Good Night and Good Luck is a dramatic recreation of real life events in the early 1950’s between television journalist Edward R. Morrow and Senator Joseph McCarthy. Lovingly shot in black and white, the film explores the on-air showdown between Morrow and McCarthy that began the end of the “McCarthy era.” The movie’s pedigree, production qualities, and performances are impeccable. Its critical acclaim and box office prowess (a budget of $7M and box office grosses of $31.5M in five months not counting DVD sales) are obvious. There’s only one thing that it seems to lack—a grand argument story. So why is it so popular?
SPOILERS AHEAD…Sort of.
I’m not going to talk too much about Good Night and Good Luck’s story, so there’s not much I can spoil. Once I cover the little story stuff of interest, I want to suggest why this film is popular IN SPITE of the fact it isn’t a grand argument story. That should be fun!
About the Story—Good Night and Good Luck is all about the Overall Story throughline. Period. Though there are many candidates for Main Character, the filmmakers seem to have intentionally kept the audience at arm’s length from identifying with any of them on a personal level. Edward R. Morrow and Fred Friendly are the likeliest candidates for Main Character and Influence Character but we never get inside their heads. We seem to watch them from the outside, never the inside.
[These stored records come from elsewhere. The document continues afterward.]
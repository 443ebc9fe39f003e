-- ===== src/Repositories/Isolation.antt =====
-- Tenants are kept apart: what a tenant uploads, no other finds.
use vendorops_ai.Base.{
  ℕ, String, ◌≡◌, ◌≢◌, refl, sym, ap, ◌∙◌, true, false, Option, none, some, List, [], ◌∷◌, ◌++◌,
  inl, inr, ◌⊎◌, str_eq, eq_iff, eq_refl, All, find_if, Bool-cases,
}
use vendorops_ai.Db.{UploadedFile, Database, str_or_none, create_audit_log}
use vendorops_ai.Repositories.Tenant.{is_foreign, is_tenant_match, matched, get_row}
use vendorops_ai.Repositories.Reads.{get_uploaded_file}
use vendorops_ai.Repositories.Creates.{FileEntry, file_row, create_uploaded_file}

find-fresh :
    (k : String) (xs : List UploadedFile) (x : UploadedFile)
    → All (λ (y : UploadedFile). y.id ≢ k) xs
    → x.id ≡ k
    → find_if (λ (y : UploadedFile). str_eq y.id k) (xs ++ x ∷ []) ≡ some x
find-fresh k [] x h e = rw ((eq_iff x.id k).1 e) refl
find-fresh k (y ∷ ys) x h e = elim (Bool-cases (str_eq y.id k)) [
  | inl t ↦ absurd (h.0 ((eq_iff y.id k).0 t))
  | inr t ↦ rw t (find-fresh k ys x h.1 e)
]

-- A file that is uploaded under a new id by an organization is found by every lookup of that
-- organization that names no workspace, and by no lookup of another organization.
pub upload_isolated :
    (now : ℕ) (audit_id o o' : String) (w' : Option String) (f : FileEntry) (db : Database)
    → All (λ (y : UploadedFile). y.id ≢ f.file_id) db.uploaded_files
    → f.organization_id ≡ some o
    → o ≢ ""
    → o' ≢ o
    → (get_uploaded_file (some o) none f.file_id (create_uploaded_file now audit_id f db).1
        ≡ some (create_uploaded_file now audit_id f db).0)
      × (get_uploaded_file (some o') w' f.file_id (create_uploaded_file now audit_id f db).1 ≡ none)
unfolding get_uploaded_file get_row create_uploaded_file create_audit_log file_row matched
    is_tenant_match is_foreign
upload_isolated now audit_id o o' w' f db fresh own n differ =
    let found = find-fresh f.file_id db.uploaded_files (file_row now f) fresh refl in
    let named = ap str_or_none own ∙ owner in
    (rw (found, named, eq_refl o) refl, rw (found, named, other (Bool-cases (str_eq o o'))) refl)
  where
    owner : str_or_none (some o) ≡ some o
    owner = elim (Bool-cases (str_eq o "")) [
      | inl q ↦ absurd (n ((eq_iff o "").0 q))
      | inr q ↦ rw q refl
    ]

    other : (str_eq o o' ≡ true) ⊎ (str_eq o o' ≡ false) → str_eq o o' ≡ false
    other (inl q) = absurd (differ (sym ((eq_iff o o').0 q)))
    other (inr q) = q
For a moment, the married couple—Joe and Shirley Wershba—seems like secondary MC and IC candidates but it never happens. Even the relationships in the story that could be developed into a Relationship Story throughline never take on the passion the perspective needs to breathe. Sure, there’s passion but it is explored as subject matter, not as a perspective.
Since all of the characters are part of the Overall Story, none of them change. They are all stalwart participants in the “plot,” steadfastly performing their story functions as one might expect of Objective characters. No one changes in the story. No one grows. But somehow Good Night and Good Luck works. How?
Dramatica breaks the story process into four stages. The one closest to the author is called Storyforming. This is where an author determines the underlying abstract message (or argument) he wants to tell. The next stage is called Storyencoding. This is where the author illustrates the abstract concepts with specific words and images (or whatever form his medium takes). The third stage is called Storyweaving. This is where the author controls the delivery of the Storyencoding. What does the audience see first, then next, and so on until the work reaches the end? The last stage is Story Reception. This is where the audience “decodes” the story and interprets the results, hopefully arriving at a sense of the author’s intent.
The four throughlines exist as part of the storyform created by the author. I’ve already established that I think Good Night and Good Luck’s storyform is incomplete. My guess is that it is intentionally incomplete so as to appear as objective as possible.
I believe Good Night and Good Luck’s success has partly to do with the Storyencoding, but mostly to do with Story Reception. Here’s my reasoning:
The film is chock full of well-known and popular actors (George Clooney, Frank Langella, Robert Downey Jr., Patricia Clarkson, David Strathairn, Jeff Daniels). Loading the film with known talent is appealing to audiences.
However, I think it is the film’s subject matter and its similarity to current events that is the real draw and provides the real “bang.” Good Night and Good Luck is about the McCarthy era. It is about a time when personal civil liberties were trod on by the government. It’s about a time when evidence was unnecessary for conviction and innuendo could destroy a person’s career. It’s about a time when most people were concerned more for their own welfare than following their conscience and doing what they felt was right. It was a time when people began to seriously distrust the government based on the unfair treatment of fellow citizens and the government’s exploitation of the threat of terrorist attacks (the Cold War).
It’s about a time that is very much like now.
The film’s political message speaks to a concern relevant to current audiences. Some would say the fear mongering used by Joseph McCarthy parallels tactics used by the George W. Bush administration. The current administration’s secrecy, illegal wire-tappings, alleged corruption, intentional distribution of misinformation, imprisonment without trial or representation, and cronyism makes the political events of the early fifties relevant to today. PLUS, Good Night and Good Luck is a “David meets Goliath” story—always an American cultural favorite. It shows how a small group dedicated to the forces for honesty and integrity overcame great odds and brought down a corrupt government bureaucracy. (The film didn’t need to show McCarthy come tumbling down because most of the film’s intended audience (baby boomers and older) already knew how it ended.)
Who needs a grand argument story when you’re preaching to the choir? All you need to do is make it good-looking and keep it honest. The audience will fill in the rest.
CODA: Based on the fact that it does not have a complete storyform, I’m willing to guess that the film probably won’t have the same kind of "legs" once the current administration is gone (assuming, of course, that it is replaced by something other than a clone of itself). I’m also willing to guess that Good Night and Good Luck is not a film people will watch over and over. Until that time when the storytelling goes stale and its message is no longer current, however, my guess is Good Night and Good Luck will remain “on the air.”